Toss this one out on this side of the pond. From Copenhagenize.
""...The model American male devotes more than 1,600 hours a year to his car. He sits in it while it goes and while it stands idling. He parks it and searches for it. He earns the money to put down on it and to meet the monthly installments. He works to pay for gasoline, tolls, insurance, taxes, and tickets. He spends four of his sixteen waking hours on the road or gathering his resources for it.
The model American puts in 1,600 hours to get 7,500 miles: less than five miles per hour. In countries deprived of a transportation industry, people manage to do the same, walking wherever they want to go, and they allocate only 3 to 8 per cent of their society’s time budget to traffic instead of 28 per cent. What distinguishes the traffic in rich countries from the traffic in poor countries is not more mileage per hour of life-time for the majority, but more hours of compulsory consumption of high doses of energy, packaged and unequally distributed by the transportation industry..."
Of course, its easy for those snooty Europeans (who, as a snooty American, I usually agree with) to ignore the profound changes that occurred in the U.S. since the building of that first suburb, Levittown. We sprawled and they didn't. It made sense to most people back then. It only dawned on (a few) Americans as the century wore on, OPEC started tightening the screws, and more folks read corollaries of Hubbert's paper on Peak Oil (here is a second link) that this lifestyle is not sustainable over the long haul.
But frankly, most Americans still lull themselves into thinking that somehow we can just keep feeding gas into Old Belchfire and do so without negative consequences to the environment or our balance of trade. How else can you explain the evolution of modern cars? Modern family cars and Shopping-Utility Vehicles can almost match the acceleration of '60's muscle cars. A zero to sixty time of 10 sec. is considered unacceptably slow in Consumer Reports. We traded environment-friendly fuel efficiency for ego-boosting raw power.

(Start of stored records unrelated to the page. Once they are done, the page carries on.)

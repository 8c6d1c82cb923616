-- ===== src/Memory/Paging/Tests.antt =====
-- A guest of 4 megabytes with no hole.
use clone.Prelude.{◌*◌, ◌^◌, ◌≡◌, refl, some, inl, arith}
use clone.Memory.Store.{Store}
use clone.Memory.Guest.{GuestMem, from_raw}
use clone.Memory.Paging.{setup_page_tables, num_gb}
use clone.Memory.Paging.Identity.{HasRoom, translate, identity_mapped}

abbrev guest : GuestMem
guest = from_raw (4 * 2 ^ 20)

abbrev blank : Store
blank j = 0

guest-HasRoom : HasRoom guest
guest-HasRoom = record { below = inl refl; inside = omega arith; small = omega arith }

gigabytes : (num_gb (4 * 2 ^ 20) ≡ 1) × (num_gb (3 * 2 ^ 30) ≡ 3) × (num_gb (2 ^ 37) ≡ 64)
gigabytes = (refl, refl, refl)

identity_mapped_example :
    (t : Store) × (setup_page_tables guest blank (4 * 2 ^ 20) ≡ some t)
    × (translate t 0x100000 ≡ some 0x100000)
identity_mapped_example =
    identity_mapped blank (4 * 2 ^ 20) 0x100000 guest-HasRoom (omega arith) (omega arith)
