-- ===== src/Storage.antt =====
-- Disk images, src/storage.
pub mod File
pub mod Reply
pub mod Qcow2
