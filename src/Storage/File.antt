-- ===== src/Storage/File.antt =====
-- A disk file as src/storage uses std::fs::File: seek and read_exact, seek and write_all, set_len.
-- The disk does not fail: the one error is a read past the end.
use clone.Prelude.{ℕ, ◌+◌, Option, none, some, List, ltb, leb, if◌then◌else◌, length, max}
use clone.Memory.Store.{Store, load, store}

pub record DiskFile : Type 0 where
  pub content : Store
  pub len : ℕ

-- Nothing stands behind the end.
abbrev pub cut : DiskFile → Store
cut f j = if ltb j f.len then f.content j else 0

abbrev pub empty : DiskFile
empty = record { content = λ j. 0; len = 0 }

unfoldable pub read_exact : DiskFile → ℕ → ℕ → Option (List ℕ)
read_exact f offset n = if leb (offset + n) f.len then some (load f.content offset n) else none

-- A write behind the end leaves zeros between.
unfoldable pub write_all : DiskFile → ℕ → List ℕ → DiskFile
write_all f offset bytes = record {
  content = store (cut f) offset bytes;
  len = max f.len (offset + length bytes);
}

unfoldable pub set_len : DiskFile → ℕ → DiskFile
set_len f n = record { content = cut f; len = n }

But the financial and energy costs of car+oil dependence discussed in the Copenhagenize blog are pretty accurate-and getting more troublesome all the time. I did those same calculations a decade ago in Honolulu and they were pretty much the same, corrected for inflation. So while our love affair with the car paid the salaries of a lot of auto workers and "drove" the U.S. economy, even that is moot as much of the auto industry has gone elsewhere. Nowdays, auto-dependence helps fuel the national debt.
The handwriting is on the wall. The One Mile Solution is the least we can do on the short term. Over the long term, anyone who fantasizes about continued car-dependence as we know it is living in a dream world. Those who start replacing short car trips with non-auto trips right now will at least have a leg up on the rest of Americans in thinking about how to adjust to an oil-frugal world.

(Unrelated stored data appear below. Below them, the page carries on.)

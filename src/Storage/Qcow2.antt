-- ===== src/Storage/Qcow2.antt =====
-- storage/qcow2.rs: QCOW2 disk images. `Header` has the on-disk header, `Layout` the metadata of a
-- new image, and `Image` the open image: translation, allocation, reads and writes.
pub mod Header
pub mod Layout
pub mod Image
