-- ===== src/Storage/Qcow2/Header.antt =====
-- storage/qcow2.rs: Qcow2Header, its parser and its printer.
pub mod Fields
pub mod Roundtrip
mod Tests
use clone.Prelude.{
  ℕ, ◌+◌, ◌*◌, ◌/◌, ◌^◌, Option, none, some, List, Bool, true, false, not, ltb, leb, ◌==◌, ◌&&◌,
  ◌||◌, if◌then◌else◌, length, to_be, from_be,
}
use clone.Memory.Store.{Store, load, store}
use clone.Storage.File.{DiskFile, write_all}

pub record Qcow2Header : Type 0 where
  pub magic : ℕ
  pub version : ℕ
  pub backing_file_offset : ℕ
  pub backing_file_size : ℕ
  pub cluster_bits : ℕ
  pub size : ℕ
  pub crypt_method : ℕ
  pub l1_size : ℕ
  pub l1_table_offset : ℕ
  pub refcount_table_offset : ℕ
  pub refcount_table_clusters : ℕ
  pub nb_snapshots : ℕ
  pub snapshots_offset : ℕ
  pub incompatible_features : ℕ
  pub compatible_features : ℕ
  pub autoclear_features : ℕ
  pub refcount_order : ℕ
  pub header_length : ℕ

abbrev pub qcow2_magic : ℕ
qcow2_magic = 0x514649fb

abbrev pub default_refcount_order : ℕ
default_refcount_order = 4

-- The fields of both versions, from the buffer.
abbrev pub parse_v2 : Store → Qcow2Header
parse_v2 buf = record {
  magic = from_be (load buf 0 4);
  version = from_be (load buf 4 4);
  backing_file_offset = from_be (load buf 8 8);
  backing_file_size = from_be (load buf 16 4);
  cluster_bits = from_be (load buf 20 4);
  size = from_be (load buf 24 8);
  crypt_method = from_be (load buf 32 4);
  l1_size = from_be (load buf 36 4);
  l1_table_offset = from_be (load buf 40 8);
  refcount_table_offset = from_be (load buf 48 8);
  refcount_table_clusters = from_be (load buf 56 4);
  nb_snapshots = from_be (load buf 60 4);
  snapshots_offset = from_be (load buf 64 8);
  incompatible_features = 0;
  compatible_features = 0;
  autoclear_features = 0;
  refcount_order = default_refcount_order;
  header_length = 72;
}

-- The v3 extensions, at the offsets that the code has.
abbrev pub parse_v3 : Store → Qcow2Header → Qcow2Header
parse_v3 buf h = record h {
  incompatible_features = from_be (load buf 68 8);
  compatible_features = from_be (load buf 76 8);
  autoclear_features = from_be (load buf 84 8);
  refcount_order = from_be (load buf 92 4);
  header_length = from_be (load buf 96 4);
}

-- The checks before the extensions are read: magic, version, cluster_bits, crypt_method.
abbrev pub supported : ℕ → ℕ → ℕ → ℕ → Bool
supported magic version cluster_bits crypt_method =
    magic == qcow2_magic
    && (version == 2 || version == 3)
    && (leb 9 cluster_bits && leb cluster_bits 21)
    && crypt_method == 0

abbrev pub is_supported : Qcow2Header → Bool
is_supported h = supported h.magic h.version h.cluster_bits h.crypt_method

-- The checks, then the extensions of version 3; `none` is any of the errors.
unfoldable pub accept : DiskFile → Qcow2Header → Option Qcow2Header
accept file h =
    if not (is_supported h)
    then none
    else if h.version == 3
    then (if leb 104 file.len then some (parse_v3 file.content h) else none)
    else some h

-- The buffer is read in two parts, the second for version 3.
unfoldable pub read_from : DiskFile → Option Qcow2Header
unfolding accept
read_from file = if not (leb 72 file.len) then none else accept file (parse_v2 file.content)

abbrev pub zeros : Store
zeros j = 0

-- The buffer that write_to fills, in the order of its copies.
abbrev pub fill_v2 : Qcow2Header → Store
fill_v2 h =
    let b = store zeros 0 (to_be 4 h.magic) in
    let b = store b 4 (to_be 4 h.version) in
    let b = store b 8 (to_be 8 h.backing_file_offset) in
    let b = store b 16 (to_be 4 h.backing_file_size) in
    let b = store b 20 (to_be 4 h.cluster_bits) in
    let b = store b 24 (to_be 8 h.size) in
    let b = store b 32 (to_be 4 h.crypt_method) in
    let b = store b 36 (to_be 4 h.l1_size) in
    let b = store b 40 (to_be 8 h.l1_table_offset) in
    let b = store b 48 (to_be 8 h.refcount_table_offset) in
    let b = store b 56 (to_be 4 h.refcount_table_clusters) in
    let b = store b 60 (to_be 4 h.nb_snapshots) in store b 64 (to_be 8 h.snapshots_offset)

abbrev pub fill_v3 : Qcow2Header → Store
fill_v3 h =
    let b = store (fill_v2 h) 68 (to_be 8 h.incompatible_features) in
    let b = store b 76 (to_be 8 h.compatible_features) in
    let b = store b 84 (to_be 8 h.autoclear_features) in
    let b = store b 92 (to_be 4 h.refcount_order) in store b 96 (to_be 4 h.header_length)

unfoldable pub write_to : Qcow2Header → DiskFile → DiskFile
write_to h file =
    if h.version == 3
    then write_all file 0 (load (fill_v3 h) 0 104)
    else write_all file 0 (load (fill_v2 h) 0 72)

unfoldable pub cluster_size : Qcow2Header → ℕ
cluster_size h = 2 ^ h.cluster_bits

unfoldable pub l2_entries_per_table : Qcow2Header → ℕ
unfolding cluster_size
l2_entries_per_table h = cluster_size h / 8

unfoldable pub refcount_bits : Qcow2Header → ℕ
refcount_bits h = 2 ^ h.refcount_order
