-- ===== src/Storage/Qcow2/Header/Fields.antt =====
-- Each field of a header, read back from the bytes that write_to leaves.
use clone.Prelude.{ℕ, ◌+◌, ◌*◌, ◌/◌, ◌^◌, ◌≤◌, ◌<◌, ◌≡◌, arith, from_be}
use clone.Memory.Store.{Store, load, store}
use clone.Storage.File.{DiskFile, cut}
use clone.Storage.Qcow2.Header.{Qcow2Header, qcow2_magic, fill_v2, fill_v3}

-- The fields have their widths, and the code supports what they say.
pub record IsWellFormed (h : Qcow2Header) : Type 0 where
  pub is_qcow2 : h.magic ≡ qcow2_magic
  pub bits_low : 9 ≤ h.cluster_bits
  pub bits_high : h.cluster_bits ≤ 21
  pub plain : h.crypt_method ≡ 0
  pub backing_file_offset_64 : h.backing_file_offset < 2 ^ 64
  pub backing_file_size_32 : h.backing_file_size < 2 ^ 32
  pub size_64 : h.size < 2 ^ 64
  pub l1_size_32 : h.l1_size < 2 ^ 32
  pub l1_table_offset_64 : h.l1_table_offset < 2 ^ 64
  pub refcount_table_offset_64 : h.refcount_table_offset < 2 ^ 64
  pub refcount_table_clusters_32 : h.refcount_table_clusters < 2 ^ 32
  pub nb_snapshots_32 : h.nb_snapshots < 2 ^ 32
  pub snapshots_offset_64 : h.snapshots_offset < 2 ^ 64
  pub incompatible_features_64 : h.incompatible_features < 2 ^ 64
  pub compatible_features_64 : h.compatible_features < 2 ^ 64
  pub autoclear_features_64 : h.autoclear_features < 2 ^ 64
  pub refcount_order_32 : h.refcount_order < 2 ^ 32
  pub header_length_32 : h.header_length < 2 ^ 32

-- The bytes of the file after a header of `n` bytes is written.
abbrev pub written : DiskFile → Store → ℕ → Store
written f buf n = store (cut f) 0 (load buf 0 n)

module _ (h : Qcow2Header) (f : DiskFile) (v : IsWellFormed h) where
  pub magic_v2 : from_be (load (written f (fill_v2 h) 72) 0 4) ≡ h.magic
  unfolding store
  magic_v2 = omega arith

  pub backing_file_offset_v2 : from_be (load (written f (fill_v2 h) 72) 8 8) ≡ h.backing_file_offset
  unfolding store
  backing_file_offset_v2 = omega arith

  pub backing_file_size_v2 : from_be (load (written f (fill_v2 h) 72) 16 4) ≡ h.backing_file_size
  unfolding store
  backing_file_size_v2 = omega arith

  pub cluster_bits_v2 : from_be (load (written f (fill_v2 h) 72) 20 4) ≡ h.cluster_bits
  unfolding store
  cluster_bits_v2 = omega arith

  pub size_v2 : from_be (load (written f (fill_v2 h) 72) 24 8) ≡ h.size
  unfolding store
  size_v2 = omega arith

  pub crypt_method_v2 : from_be (load (written f (fill_v2 h) 72) 32 4) ≡ h.crypt_method
  unfolding store
  crypt_method_v2 = omega arith

  pub l1_size_v2 : from_be (load (written f (fill_v2 h) 72) 36 4) ≡ h.l1_size
  unfolding store
  l1_size_v2 = omega arith

  pub l1_table_offset_v2 : from_be (load (written f (fill_v2 h) 72) 40 8) ≡ h.l1_table_offset
  unfolding store
  l1_table_offset_v2 = omega arith

  pub refcount_table_offset_v2 :
      from_be (load (written f (fill_v2 h) 72) 48 8) ≡ h.refcount_table_offset
  unfolding store
  refcount_table_offset_v2 = omega arith

  pub refcount_table_clusters_v2 :
      from_be (load (written f (fill_v2 h) 72) 56 4) ≡ h.refcount_table_clusters
  unfolding store
  refcount_table_clusters_v2 = omega arith

  pub nb_snapshots_v2 : from_be (load (written f (fill_v2 h) 72) 60 4) ≡ h.nb_snapshots
  unfolding store
  nb_snapshots_v2 = omega arith

  pub snapshots_offset_v2 : from_be (load (written f (fill_v2 h) 72) 64 8) ≡ h.snapshots_offset
  unfolding store
  snapshots_offset_v2 = omega arith

  pub magic_v3 : from_be (load (written f (fill_v3 h) 104) 0 4) ≡ h.magic
  unfolding store
  magic_v3 = omega arith

  pub backing_file_offset_v3 :
      from_be (load (written f (fill_v3 h) 104) 8 8) ≡ h.backing_file_offset
  unfolding store
  backing_file_offset_v3 = omega arith

  pub backing_file_size_v3 : from_be (load (written f (fill_v3 h) 104) 16 4) ≡ h.backing_file_size
  unfolding store
  backing_file_size_v3 = omega arith

  pub cluster_bits_v3 : from_be (load (written f (fill_v3 h) 104) 20 4) ≡ h.cluster_bits
  unfolding store
  cluster_bits_v3 = omega arith

  pub size_v3 : from_be (load (written f (fill_v3 h) 104) 24 8) ≡ h.size
  unfolding store
  size_v3 = omega arith

  pub crypt_method_v3 : from_be (load (written f (fill_v3 h) 104) 32 4) ≡ h.crypt_method
  unfolding store
  crypt_method_v3 = omega arith

  pub l1_size_v3 : from_be (load (written f (fill_v3 h) 104) 36 4) ≡ h.l1_size
  unfolding store
  l1_size_v3 = omega arith

  pub l1_table_offset_v3 : from_be (load (written f (fill_v3 h) 104) 40 8) ≡ h.l1_table_offset
  unfolding store
  l1_table_offset_v3 = omega arith

  pub refcount_table_offset_v3 :
      from_be (load (written f (fill_v3 h) 104) 48 8) ≡ h.refcount_table_offset
  unfolding store
  refcount_table_offset_v3 = omega arith

  pub refcount_table_clusters_v3 :
      from_be (load (written f (fill_v3 h) 104) 56 4) ≡ h.refcount_table_clusters
  unfolding store
  refcount_table_clusters_v3 = omega arith

  pub nb_snapshots_v3 : from_be (load (written f (fill_v3 h) 104) 60 4) ≡ h.nb_snapshots
  unfolding store
  nb_snapshots_v3 = omega arith

  pub incompatible_features_v3 :
      from_be (load (written f (fill_v3 h) 104) 68 8) ≡ h.incompatible_features
  unfolding store
  incompatible_features_v3 = omega arith

  pub compatible_features_v3 :
      from_be (load (written f (fill_v3 h) 104) 76 8) ≡ h.compatible_features
  unfolding store
  compatible_features_v3 = omega arith

  pub autoclear_features_v3 : from_be (load (written f (fill_v3 h) 104) 84 8) ≡ h.autoclear_features
  unfolding store
  autoclear_features_v3 = omega arith

  pub refcount_order_v3 : from_be (load (written f (fill_v3 h) 104) 92 4) ≡ h.refcount_order
  unfolding store
  refcount_order_v3 = omega arith

  pub header_length_v3 : from_be (load (written f (fill_v3 h) 104) 96 4) ≡ h.header_length
  unfolding store
  header_length_v3 = omega arith

  -- The code writes the first extension over the low half of the field before it.
  pub snapshots_offset_v3 :
      from_be (load (written f (fill_v3 h) 104) 64 8)
      ≡ h.snapshots_offset / 2 ^ 32 * 2 ^ 32 + h.incompatible_features / 2 ^ 32
  unfolding store
  snapshots_offset_v3 = omega arith

  pub version_v2 : h.version ≡ 2 → from_be (load (written f (fill_v2 h) 72) 4 4) ≡ 2
  unfolding store
  version_v2 e = omega arith

  pub version_v3 : h.version ≡ 3 → from_be (load (written f (fill_v3 h) 104) 4 4) ≡ 3
  unfolding store
  version_v3 e = omega arith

Life is more complex than a blog post, but one cannot ignore reality.The reality is, change will be hard. We better get started on it pretty soon.
4 comments:
"Life is more complicated than a blog post."
Indeed it is. If it were not, Andy Cline would not need to tout "the one mile solution" and motorists would not be driving out to their mailboxes to pick up the mail.

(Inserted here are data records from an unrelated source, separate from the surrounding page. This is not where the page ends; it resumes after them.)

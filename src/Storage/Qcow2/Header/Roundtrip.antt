-- ===== src/Storage/Qcow2/Header/Roundtrip.antt =====
-- What reading a header back gives.
use clone.Prelude.{
  ℕ, ◌+◌, ◌*◌, ◌/◌, ◌^◌, ◌≤◌, ◌≡◌, refl, sym, some, true, ◌⊎◌, inl, inr, arith, ap, le→leb,
  if◌then◌else◌, ◌==◌, ◌∙◌,
}
use clone.Memory.Store.{load}
use clone.Storage.File.{DiskFile, write_all}
use clone.Storage.Qcow2.Header.{
  Qcow2Header, read_from, write_to, is_supported, supported, accept, fill_v2, fill_v3, parse_v2,
  parse_v3,
}
use clone.Storage.Qcow2.Header.Fields.{
  IsWellFormed, written, magic_v2, backing_file_offset_v2, backing_file_size_v2, cluster_bits_v2,
  size_v2, crypt_method_v2, l1_size_v2, l1_table_offset_v2, refcount_table_offset_v2,
  refcount_table_clusters_v2, nb_snapshots_v2, snapshots_offset_v2, magic_v3,
  backing_file_offset_v3, backing_file_size_v3, cluster_bits_v3, size_v3, crypt_method_v3,
  l1_size_v3, l1_table_offset_v3, refcount_table_offset_v3, refcount_table_clusters_v3,
  nb_snapshots_v3, incompatible_features_v3, compatible_features_v3, autoclear_features_v3,
  refcount_order_v3, header_length_v3, snapshots_offset_v3, version_v2, version_v3,
}

supported-IsWellFormed :
    (h : Qcow2Header) (version : ℕ)
    → IsWellFormed h
    → (version ≡ 2) ⊎ (version ≡ 3)
    → supported h.magic version h.cluster_bits h.crypt_method ≡ true
supported-IsWellFormed h version v e = ground arith

read_from_v2 :
    (file : DiskFile)
    → 72 ≤ file.len
    → is_supported (parse_v2 file.content) ≡ true
    → (parse_v2 file.content).version ≡ 2
    → read_from file ≡ some (parse_v2 file.content)
unfolding read_from
read_from_v2 file l s e = rw (le→leb 72 file.len l) (accepted (parse_v2 file.content) s e)
  where
    accepted : (h : Qcow2Header) → is_supported h ≡ true → h.version ≡ 2 → accept file h ≡ some h
    accepted h s e = ground arith

read_from_v3 :
    (file : DiskFile)
    → 104 ≤ file.len
    → is_supported (parse_v2 file.content) ≡ true
    → (parse_v2 file.content).version ≡ 3
    → read_from file ≡ some (parse_v3 file.content (parse_v2 file.content))
unfolding read_from
read_from_v3 file l s e =
    rw (le→leb 72 file.len (omega arith)) (accepted (parse_v2 file.content) s e)
  where
    accepted :
        (h : Qcow2Header)
        → is_supported h ≡ true
        → h.version ≡ 3
        → accept file h ≡ some (parse_v3 file.content h)
    accepted h s e = rw (s, e, le→leb 104 file.len l)

-- A header of version 3 as it comes back.
abbrev pub overlapped : Qcow2Header → Qcow2Header
overlapped h = record h {
  snapshots_offset = h.snapshots_offset / 2 ^ 32 * 2 ^ 32 + h.incompatible_features / 2 ^ 32;
}

parsed_v3 :
    (h : Qcow2Header) (f : DiskFile)
    → IsWellFormed h
    → h.version ≡ 3
    → let c = written f (fill_v3 h) 104 in parse_v3 c (parse_v2 c) ≡ overlapped h
parsed_v3 h f v e = λ i. record {
  magic = magic_v3 h f v i;
  version = (version_v3 h f v e ∙ sym e) i;
  backing_file_offset = backing_file_offset_v3 h f v i;
  backing_file_size = backing_file_size_v3 h f v i;
  cluster_bits = cluster_bits_v3 h f v i;
  size = size_v3 h f v i;
  crypt_method = crypt_method_v3 h f v i;
  l1_size = l1_size_v3 h f v i;
  l1_table_offset = l1_table_offset_v3 h f v i;
  refcount_table_offset = refcount_table_offset_v3 h f v i;
  refcount_table_clusters = refcount_table_clusters_v3 h f v i;
  nb_snapshots = nb_snapshots_v3 h f v i;
  snapshots_offset = snapshots_offset_v3 h f v i;
  incompatible_features = incompatible_features_v3 h f v i;
  compatible_features = compatible_features_v3 h f v i;
  autoclear_features = autoclear_features_v3 h f v i;
  refcount_order = refcount_order_v3 h f v i;
  header_length = header_length_v3 h f v i;
}

-- A header that has the defaults of version 2 in the fields of version 3.
abbrev pub HasDefaults : Qcow2Header → Type 0
HasDefaults h =
    (h.incompatible_features ≡ 0)
    × (h.compatible_features ≡ 0)
    × (h.autoclear_features ≡ 0)
    × (h.refcount_order ≡ 4)
    × (h.header_length ≡ 72)

parsed_v2 :
    (h : Qcow2Header) (f : DiskFile)
    → IsWellFormed h
    → h.version ≡ 2
    → HasDefaults h
    → parse_v2 (written f (fill_v2 h) 72) ≡ h
parsed_v2 h f v e d = λ i. record {
  magic = magic_v2 h f v i;
  version = (version_v2 h f v e ∙ sym e) i;
  backing_file_offset = backing_file_offset_v2 h f v i;
  backing_file_size = backing_file_size_v2 h f v i;
  cluster_bits = cluster_bits_v2 h f v i;
  size = size_v2 h f v i;
  crypt_method = crypt_method_v2 h f v i;
  l1_size = l1_size_v2 h f v i;
  l1_table_offset = l1_table_offset_v2 h f v i;
  refcount_table_offset = refcount_table_offset_v2 h f v i;
  refcount_table_clusters = refcount_table_clusters_v2 h f v i;
  nb_snapshots = nb_snapshots_v2 h f v i;
  snapshots_offset = snapshots_offset_v2 h f v i;
  incompatible_features = sym d.0 i;
  compatible_features = sym d.1 i;
  autoclear_features = sym d.2 i;
  refcount_order = sym d.3 i;
  header_length = sym d.4 i;
}

supported_v2 :
    (h : Qcow2Header) (f : DiskFile)
    → IsWellFormed h
    → h.version ≡ 2
    → is_supported (parse_v2 (written f (fill_v2 h) 72)) ≡ true
supported_v2 h f v e =
    (λ i.
      supported (magic_v2 h f v i) (version_v2 h f v e i) (cluster_bits_v2 h f v i)
        (crypt_method_v2 h f v i))
    ∙ supported-IsWellFormed h 2 v (inl refl)

supported_v3 :
    (h : Qcow2Header) (f : DiskFile)
    → IsWellFormed h
    → h.version ≡ 3
    → is_supported (parse_v2 (written f (fill_v3 h) 104)) ≡ true
supported_v3 h f v e =
    (λ i.
      supported (magic_v3 h f v i) (version_v3 h f v e i) (cluster_bits_v3 h f v i)
        (crypt_method_v3 h f v i))
    ∙ supported-IsWellFormed h 3 v (inr refl)

write_to_v2 :
    (h : Qcow2Header) (f : DiskFile)
    → h.version ≡ 2
    → write_to h f ≡ write_all f 0 (load (fill_v2 h) 0 72)
unfolding write_to
write_to_v2 h f e =
    ap
      (λ b.
        if b then write_all f 0 (load (fill_v3 h) 0 104) else write_all f 0 (load (fill_v2 h) 0 72))
      (ap (λ n. n == 3) e)

write_to_v3 :
    (h : Qcow2Header) (f : DiskFile)
    → h.version ≡ 3
    → write_to h f ≡ write_all f 0 (load (fill_v3 h) 0 104)
unfolding write_to
write_to_v3 h f e =
    ap
      (λ b.
        if b then write_all f 0 (load (fill_v3 h) 0 104) else write_all f 0 (load (fill_v2 h) 0 72))
      (ap (λ n. n == 3) e)

-- A header of version 2 whose fields have their widths and supported values, with the defaults in
-- the fields of version 3, is read back as it was after write_to on any file.
pub read_from-write_to_v2 :
    (h : Qcow2Header) (f : DiskFile)
    → IsWellFormed h
    → h.version ≡ 2
    → HasDefaults h
    → read_from (write_to h f) ≡ some h
unfolding write_all
read_from-write_to_v2 h f v e d =
    ap read_from (write_to_v2 h f e)
    ∙ read_from_v2 (write_all f 0 (load (fill_v2 h) 0 72)) (omega arith) (supported_v2 h f v e)
        (version_v2 h f v e)
    ∙ ap some (parsed_v2 h f v e d)

-- A header of version 3 whose fields have their widths and supported values is read back after
-- write_to on any file with every field as it was but snapshots_offset, which comes back with the
-- high half of incompatible_features as its low half: the code gives the two fields overlapping
-- bytes.
pub read_from-write_to_v3 :
    (h : Qcow2Header) (f : DiskFile)
    → IsWellFormed h
    → h.version ≡ 3
    → read_from (write_to h f) ≡ some (overlapped h)
unfolding write_all
read_from-write_to_v3 h f v e =
    ap read_from (write_to_v3 h f e)
    ∙ read_from_v3 (write_all f 0 (load (fill_v3 h) 0 104)) (omega arith) (supported_v3 h f v e)
        (version_v3 h f v e)
    ∙ ap some (parsed_v3 h f v e)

Sometime back, somebody on, I think the ICEBIKE list, mentioned a friend who had installed a device that counted total time his car's engine ran. When he sold the car, he divided the odometer by this device's reading: 17 MPH. That included plenty of highway miles.
I spent an entire day off the hill last week getting the car worked on. Need to go back for another round.
My friend John Goody in Honolulu often quips that a good carpenter has more than one tool in his tool box. For if all one has is a hammer, everything starts to look like a nail.
The One Mile Solution is in keeping with Mr. Goody's thoughts.